Two library books for my Sunday reading report

Genius and Anxiety: How Jews Changed the World, 1847-1947 ~ by Norman Lebrecht, 2010, history, 464 pages

In a hundred-year period, a handful of men and women changed the world.  Many of them are well known — Marx, Freud, Proust, Einstein, Kafka.  Others have vanished from collective memory despite their enduring importance in our daily lives.
  • Without Karl Landsteiner, for instance, there would be no blood transfusions or major surgery.
  • Without Paul Ehrlich, no chemotherapy.
  • Without Siegfried Marcus, no motor car.
  • Without Rosalind Franklin, genetic science would look very different.
  • Without Fritz Haber, there would not be enough food to sustain life on earth.
What do these visionaries have in common?  They all had Jewish origins.  They all had a gift for thinking in wholly original, even earth-shattering ways.  The Jewish people made up less than 0.25% of the world’s population in 1847, and yet they saw what others did not.  How?  Why?

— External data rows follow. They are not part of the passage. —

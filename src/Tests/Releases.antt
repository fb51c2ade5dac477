-- ===== src/Tests/Releases.antt =====
-- Examples for releases and acquires, on a small workgroup.
use hip_moi.Prelude.{
  ℕ, zero, suc, ◌+◌, ◌^◌, ◌≡◌, refl, ◌≢◌, inl, ◌↔◌, ◌<◌, ◌≤◌, max, true, none, some, List, arith,
  get_or,
}
use hip_moi.Context.Storage.{AtomicObjectRecord, no_record, Context}
use hip_moi.Context.Subgroups.{subgroup_id, thread_id, configured_subgroup_count}
use hip_moi.Context.Objects.{
  probe_start, probe_index, claim_attempts, found, claimed_generation, find_atomic_object_record,
  find_from, atomic_record_seed,
}
use hip_moi.Common.Hash.{mix32}
use hip_moi.Context.Objects.Probing.{IsCapacity, probe_start-lt, probe_index-permutes}
use hip_moi.Context.Objects.Lookup.{stale-IsTable}
use hip_moi.Context.Objects.Epochs.{Serves, claim_attempts-found}
use hip_moi.Context.Releases.{record_atomic_release_at_epoch_impl}
use hip_moi.Context.Releases.Lookup.{
  HasObjects, HasRoom, released_epoch, or_zero, release-released_epoch,
  release-released_epoch_other,
}
use hip_moi.Context.Acquires.{try_record_atomic_acquire, current_access_acquired_prior_epoch}
use hip_moi.Context.Acquires.Tokens.{token, HasTokens, imported_token}
use hip_moi.Context.Atomics.HappensBefore.{acquire-token, release_acquire_ordered}
use hip_moi.Tests.State.{stale_objects, tokens, launched, context_at, site_at}

pub two_slots : IsCapacity 2
two_slots = (omega arith, omega arith)

pub this_launch : 1 ≢ claimed_generation
this_launch = λ e. absurd (omega arith)

all_stale : (j : ℕ) → j < 2 → (get_or stale_objects j no_record).generation ≢ 1
unfolding get_or
all_stale zero h e = absurd (omega arith)
all_stale (suc zero) h e = absurd (omega arith)
all_stale (suc (suc j)) h e = absurd (omega arith)

pub two_objects : HasObjects launched 2
two_objects = record {
  objects = stale_objects;
  there = refl;
  sized = refl;
  room = two_slots;
  launched = this_launch;
  table =
      stale-IsTable 1 2 this_launch two_slots (probe_start 2)
        (λ a p. probe_start-lt 2 a p two_slots) stale_objects refl all_stale;
}

pub old_records : (j : ℕ) → (get_or two_objects.objects j no_record).generation ≤ 1
unfolding two_objects get_or
old_records zero = omega arith
old_records (suc zero) = omega arith
old_records (suc (suc j)) = omega arith

abbrev pub thread0 : Context
thread0 = context_at 0 launched

abbrev pub thread1 : Context
thread1 = context_at 1 launched

stale_slot : (j : ℕ) → (get_or stale_objects j no_record).generation ≢ 1
unfolding get_or
stale_slot zero e = absurd (omega arith)
stale_slot (suc zero) e = absurd (omega arith)
stale_slot (suc (suc j)) e = absurd (omega arith)

free_slot : (j : ℕ) → (get_or stale_objects j no_record).generation ≢ claimed_generation
unfolding get_or
free_slot zero e = absurd (omega arith)
free_slot (suc zero) e = absurd (omega arith)
free_slot (suc (suc j)) e = absurd (omega arith)

free_record : (address p j : ℕ) → Serves 1 address p (get_or stale_objects j no_record)
free_record address p j = inl (stale_slot j, free_slot j)

pub first_free : (address p : ℕ) → HasRoom launched 2 address p
first_free address p =
    (0, omega arith, free_record address p (probe_index 2 (probe_start 2 address p) 0))

abbrev released : Context
released = record_atomic_release_at_epoch_impl true thread0 64 4 5 (site_at 31)

release-released_epoch_example :
    released_epoch released.storage 64 (subgroup_id thread0)
    ≡ some (max (or_zero (released_epoch launched 64 (subgroup_id thread0))) 5)
release-released_epoch_example =
    release-released_epoch true thread0 64 4 5 2 (site_at 31) two_objects
      (first_free 64 (subgroup_id thread0))

release-released_epoch_other_example :
    released_epoch released.storage 72 0 ≡ released_epoch launched 72 0
release-released_epoch_other_example =
    release-released_epoch_other true thread0 64 4 5 2 (site_at 31) two_objects
      (first_free 64 (subgroup_id thread0)) 72 0 (λ e. absurd (omega (arith, e.0)))

claim_attempts-found_example :
    (i : ℕ) × (objects' : List AtomicObjectRecord) × (claim_attempts 1 2
        (probe_start 2 64 0)
        64
        0
        (suc 3)
        stale_objects
      ≡ found i objects')
claim_attempts-found_example =
    claim_attempts-found 1 2 (probe_start 2 64 0) 64 0 this_launch two_slots
      (probe_start-lt 2 64 0 two_slots) 3 0 stale_objects (omega arith)
      (free_record 64 0 (probe_index 2 (probe_start 2 64 0) 0))

probe_index-permutes_example :
    (probe_index 7 3 5 < 7)
    × (p : ℕ) × (p < 7)
    × (probe_index 7 3 p ≡ 1)
    × ((probe_index 7 3 5 ≡ 1) ↔ (5 ≡ p))
probe_index-permutes_example =
    probe_index-permutes 7 3 1 5 (omega arith, omega arith) (omega arith) (omega arith)
      (omega arith)

pub four_tokens : HasTokens launched 2
four_tokens = record { tokens = tokens; there = refl; sized = refl; small = omega arith }

pub first_inside : subgroup_id thread0 < 2
unfolding subgroup_id thread_id configured_subgroup_count
first_inside = omega arith

second_inside : subgroup_id thread1 < 2
unfolding subgroup_id thread_id configured_subgroup_count
second_inside = omega arith

other_subgroup : 0 ≢ subgroup_id thread1
unfolding subgroup_id thread_id configured_subgroup_count
other_subgroup = λ e. absurd (omega arith)

acquire-token_example :
    token (try_record_atomic_acquire thread1 64).1.storage 2 (subgroup_id thread1) 0
    ≡ imported_token (token launched 2 (subgroup_id thread1) 0) (released_epoch launched 64 0)
acquire-token_example =
    acquire-token thread1 64 2 refl four_tokens second_inside 0 (omega arith) other_subgroup

abbrev reader : Context
reader = context_at 1 released.storage

reader_inside : subgroup_id reader < 2
unfolding subgroup_id thread_id configured_subgroup_count
reader_inside = omega arith

two_subgroups : subgroup_id thread0 ≢ subgroup_id reader
unfolding subgroup_id thread_id configured_subgroup_count
two_subgroups = λ e. absurd (omega arith)

nothing_before : released_epoch launched 64 (subgroup_id thread0) ≡ none
unfolding released_epoch find_atomic_object_record find_from get_or subgroup_id thread_id
    configured_subgroup_count probe_start probe_index mix32 atomic_record_seed
nothing_before = refl

small_epochs : max (or_zero (released_epoch launched 64 (subgroup_id thread0))) 5 + 1 < 2 ^ 32
small_epochs = rw nothing_before (omega arith)

release_acquire_ordered_example :
    current_access_acquired_prior_epoch
      (try_record_atomic_acquire reader 64).1.storage
      (subgroup_id thread0)
      4
      (subgroup_id reader)
    ≡ true
release_acquire_ordered_example =
    release_acquire_ordered true thread0 thread1 64 4 5 2 2 (site_at 31) two_objects
      (first_free 64 (subgroup_id thread0)) refl four_tokens 4 first_inside reader_inside
      two_subgroups (omega arith) small_epochs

Norman Lebrecht has devoted half of his life to pondering and researching the mindset of the Jewish intellectuals, writers, scientists, and thinkers who turned the tides of history and shaped the world today as we know it.  Genius and Anxiety begins with the Communist Manifesto in 1847 and ends when Israel was founded in 1947.  (I have a problem with the dates, but I'll see what the book says.)
Abigail Takes the Wheel ~ by Avi, illustrated by Don Bolognese, 1999, children's fiction, 64 pages

Collision in the harbor!  Abigail and her brother, Tom, travel to school every day aboard their father's freight boat, the Neptune.  Two ships collide in the Narrows one day, and Abigail's father goes to their aid — leaving Abigail to take the Neptune's wheel.  Can she and Tom steer the freight boat through the crowded waters of New York Harbor alone?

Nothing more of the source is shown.